In this book, we follow the adventures of Gerren from his outpost on Lake Rathetear through the Rathe Mountains which have been taken by the Rallosian Army.
Gerren dressed simply. His task would require stealth and speed, for the aviaks reported bands of ogres patrolling the familiar paths through the Rathe Mountains. If Gerren were to break through their lines, he would need to blaze his own trail. And Gerren definitely needed to make his way through — he and fellow Guardsman Ilkalla had been at the Qeynos’ outpost on Lake Rathetear for several months while the Rallosian Army crept closer. Now, the Rallosians were building an enormous barge to carry them across the water.

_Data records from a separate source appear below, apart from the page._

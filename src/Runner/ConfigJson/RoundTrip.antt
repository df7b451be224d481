-- ===== src/Runner/ConfigJson/RoundTrip.antt =====
-- server/src/runner/task_config.h: a request that was built is read back.
use task_hub.Runner.ConfigJson.{to_priority_int}
use task_hub.Runner.Task.{
  TaskConfig, task_id, TaskPriority, high, other_priority, low, normal, critical,
}
use task_hub.Json.{IsInt32, IsInt64}
use task_hub.Prelude.{◌≡◌, find, [], Text, true, Text-Eq, ◌<ℤ◌, negsuc, ◌⊎◌, pos}

-- Critical becomes high, and any other priority stays.
abbrev pub received_priority : TaskPriority → TaskPriority
received_priority low = low
received_priority normal = normal
received_priority high = high
received_priority critical = high
received_priority (other_priority i) = other_priority i

-- A priority without a name is a number that no name has.
abbrev pub IsNamed : TaskPriority → Type 0
IsNamed (other_priority i) = (i <ℤ negsuc 0) ⊎ (pos 2 <ℤ i)
IsNamed _ = Unit {0}

-- What stays of a task that is sent: its run, its description and whether it can be canceled are
-- not part of the request, and a critical task is received as a high one.
pub record IsReceived (cfg r : TaskConfig) : Type 0 where
  pub same_id : r.id ≡ task_id cfg.id.value []
  pub same_name : r.name ≡ cfg.name
  pub no_description : r.description ≡ []
  pub same_exec_type : r.exec_type ≡ cfg.exec_type
  pub same_exec_command : r.exec_command ≡ cfg.exec_command
  pub same_exec_params : (k : Text) → find k r.exec_params ≡ find k cfg.exec_params
  pub same_timeout : r.timeout_ms ≡ cfg.timeout_ms
  pub same_retry_count : r.retry_count ≡ cfg.retry_count
  pub same_retry_delay : r.retry_delay_ms ≡ cfg.retry_delay_ms
  pub same_backoff : r.retry_use_exponential_backoff ≡ cfg.retry_use_exponential_backoff
  pub is_cancelable : r.cancelable ≡ true
  pub limited_priority : r.priority ≡ received_priority cfg.priority
  pub same_queue : r.queue ≡ cfg.queue
  pub same_metadata : (k : Text) → find k r.metadata ≡ find k cfg.metadata
  pub same_capture_output : r.capture_output ≡ cfg.capture_output

-- The numbers of the configuration are in the ranges of their types.
pub record IsMachine (cfg : TaskConfig) : Type 0 where
  pub timeout_fits : IsInt64 cfg.timeout_ms
  pub delay_fits : IsInt64 cfg.retry_delay_ms
  pub count_fits : IsInt32 cfg.retry_count
  pub priority_fits : IsInt32 (to_priority_int cfg.priority)
  pub priority_named : IsNamed cfg.priority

Ilkalla pressed a dried gnoll’s foot into Gerren’s hand. “For luck,” she said. “I don’t know why, but we’ve always had that in our family; I want you to carry it with you on this journey.” Neither of them said it, but they both knew it was true: the likelihood of his making it through was the equivalent of the aviaks and centaurs holding the Rallosians off. They did not expect to see each other again. After a quick meal, Gerren took a little-traveled way up the face of the slope along the edge of the Lake.
“I can see now why this is travelled so infrequently,” Gerren muttered, pausing for a moment to catch his breath. The rocky mountain face was so steep that in some points, Gerren would need to retrace his steps to consider the options from several angles. Once, a slice of rock upon which he was perched gave way and he slid down quite a distance before being able to stop himself.

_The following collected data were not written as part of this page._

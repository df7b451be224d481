-- ===== src/Scheduler.antt =====
-- server/src/scheduler: when jobs are due.
pub mod Cron
pub mod Jobs
pub mod Dispatch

Three-quarters of the way up was a cleft in the rocks through which this path passed. The splintered boulders forming the opening folded over on the side facing the Lake, making it impossible to peer around. Gerren knew that if the Rallosians were already on the pathway beyond the rocks, he was doomed. There was no quick escape route. He unsheathed his knife and the gnoll’s foot Ilkalla had given him tumbled out, bouncing off the rocks down the face of the mountain.

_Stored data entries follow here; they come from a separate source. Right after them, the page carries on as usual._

-- ===== src/Tests/ConfRuns.antt =====
-- The operations on configurations, and a start of the bhyve backend, at concrete inputs.
use bmd.Prelude.{
  ℕ, ◌≡◌, refl, ◌↔◌, true, some, [], ◌∷◌, Str, codes, pos, strcmp, str_eq, str_eq_iff, case_eq,
  if◌then◌else◌, arith,
}
use bmd.Conf.{VmConf}
use bmd.Conf.Vars.{Variables, set_var, get_var}
use bmd.Conf.Vars.Scope.{get_var-set_var}
use bmd.Conf.Create.Ids.{IdList, IsUnique, lookup_id, get_id, get_id-IsUnique, lookup-get_id}
use bmd.Conf.Compare.{compare_vm_conf}
use bmd.Conf.Compare.Same.{InRange, SameConf, compare_vm_conf-SameConf}
use bmd.Conf.Nv.{NvList, empty, pair, number, string_array, nvlist, compare_nvlist}
use bmd.Conf.Nv.Agree.{Agree, compare_nvlist-Agree}
use bmd.Vm.{State, ok}
use bmd.Vm.Bhyve.{start_bhyve, start_loader, choose_start, ◌then_start◌, bhyve_load}
use bmd.Vm.Bhyve.Started.{started_state, start_bhyve_started}
use bmd.Tests.Samples.{sample_conf, sample_vm, sample_spawn}

abbrev other_conf : VmConf
other_conf = record sample_conf { ncpu = some (codes "4"); stop_timeout = pos 60 }

sample-InRange : InRange sample_conf
sample-InRange = record {
  boot_delay = (omega arith, omega arith);
  loader_timeout = (omega arith, omega arith);
  stop_timeout = (omega arith, omega arith);
  owner = (omega arith, omega arith);
  group = (omega arith, omega arith);
  ndisks = omega arith;
  nisoes = omega arith;
  nnets = omega arith;
  fbuf = record {
    enable = (omega arith, omega arith);
    port = (omega arith, omega arith);
    width = (omega arith, omega arith);
    height = (omega arith, omega arith);
  };
}

other-InRange : InRange other_conf
other-InRange = record {
  boot_delay = sample-InRange.boot_delay;
  loader_timeout = sample-InRange.loader_timeout;
  stop_timeout = (omega arith, omega arith);
  owner = sample-InRange.owner;
  group = sample-InRange.group;
  ndisks = omega arith;
  nisoes = omega arith;
  nnets = omega arith;
  fbuf = sample-InRange.fbuf;
}

abbrev two_ids : IdList
two_ids = record { entries = (codes "b", 1) ∷ (codes "a", 0) ∷ []; lastid = 2 }

two_ids-IsUnique : IsUnique two_ids
unfolding lookup_id
two_ids-IsUnique = record {
  below = λ name id h. ground arith;
  distinct = λ n m id h k. ground (
    arith,
    str_eq_iff (codes "b") n,
    str_eq_iff (codes "a") n,
    str_eq_iff (codes "b") m,
    str_eq_iff (codes "a") m,
  );
}

get_id-IsUnique_example :
    IsUnique (get_id two_ids (codes "c")).1
    × ((n : Str) (id : ℕ)
        → lookup_id two_ids.entries n ≡ some id
        → lookup_id (get_id two_ids (codes "c")).1.entries n ≡ some id)
get_id-IsUnique_example = get_id-IsUnique two_ids (codes "c") (omega arith) two_ids-IsUnique

abbrev some_vars : Variables
some_vars = record {
  global = some ((codes "DIR", codes "/vm") ∷ []);
  local = some ((codes "NAME", codes "vm1") ∷ []);
  args = some ((codes "DIR", codes "/tmp") ∷ []);
}

get_var-set_var_example :
    get_var (set_var some_vars (codes "DIR") (codes "/usr/vm")).1 (codes "DIR") ≡ (
      if str_eq (codes "DIR") (codes "DIR")
      then some (codes "/usr/vm")
      else get_var some_vars (codes "DIR"))
get_var-set_var_example =
    get_var-set_var some_vars (codes "DIR") (codes "DIR") (codes "/usr/vm") stored
  where
    stored : (set_var some_vars (codes "DIR") (codes "/usr/vm")).0 ≡ true
    stored = unfold set_var in refl

started : (start_bhyve (codes "/var/cache/bmd") sample_spawn sample_conf sample_vm).0 ≡ ok
unfolding start_bhyve start_loader choose_start ◌then_start◌ bhyve_load case_eq
started = refl

start_bhyve_started_example :
    ((start_bhyve (codes "/var/cache/bmd") sample_spawn sample_conf sample_vm).1.state
      ≡ started_state State.terminate (codes "bhyveload"))
    × ((start_bhyve (codes "/var/cache/bmd") sample_spawn sample_conf sample_vm).1.pid ≡ some 4711)
start_bhyve_started_example =
    start_bhyve_started (codes "/var/cache/bmd") (codes "bhyveload") sample_spawn sample_conf
      sample_vm refl started

compare_vm_conf-SameConf_example :
    (compare_vm_conf sample_conf other_conf ≡ pos 0) ↔ SameConf sample_conf other_conf
compare_vm_conf-SameConf_example =
    compare_vm_conf-SameConf sample_conf other_conf sample-InRange other-InRange

lookup-get_id_example :
    lookup_id (get_id two_ids (codes "a")).1.entries (codes "a")
    ≡ some (get_id two_ids (codes "a")).0
lookup-get_id_example = lookup-get_id two_ids (codes "a")

abbrev plugin_options : NvList
plugin_options =
    pair (codes "port") (number 22) (pair (codes "hosts") (string_array (codes "a" ∷ [])) empty)

abbrev reordered_options : NvList
reordered_options =
    pair (codes "hosts") (string_array (codes "a" ∷ [])) (pair (codes "port") (number 22) empty)

compare_nvlist-Agree_example :
    (compare_nvlist plugin_options reordered_options ≡ pos 0)
    ↔ Agree (nvlist plugin_options) (nvlist reordered_options)
compare_nvlist-Agree_example = compare_nvlist-Agree plugin_options reordered_options

reordered_agree : compare_nvlist plugin_options reordered_options ≡ pos 0
unfolding compare_nvlist strcmp
reordered_agree = refl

“There goes the lucky gnoll’s foot,” Gerren thought, with a smile. Somehow, the idea that the foot of a dead creature could be lucky was amusing. He slipped through the cleft and found the way clear. Tension released in his neck, although he was still wary as he felt his way to another cluster of granite boulders marking another turn in the path.
Hill giants! Gerren leaned back into the boulders, blending himself into the rocks. The Rallosian Army was not the only thing in the Rathe Mountains, but hill giants were not usually found near this forlorn area. Perhaps they, too, had been displaced by the invading ogres. Gerren watched them as they milled around for several minutes before striding off down the narrow, featureless road.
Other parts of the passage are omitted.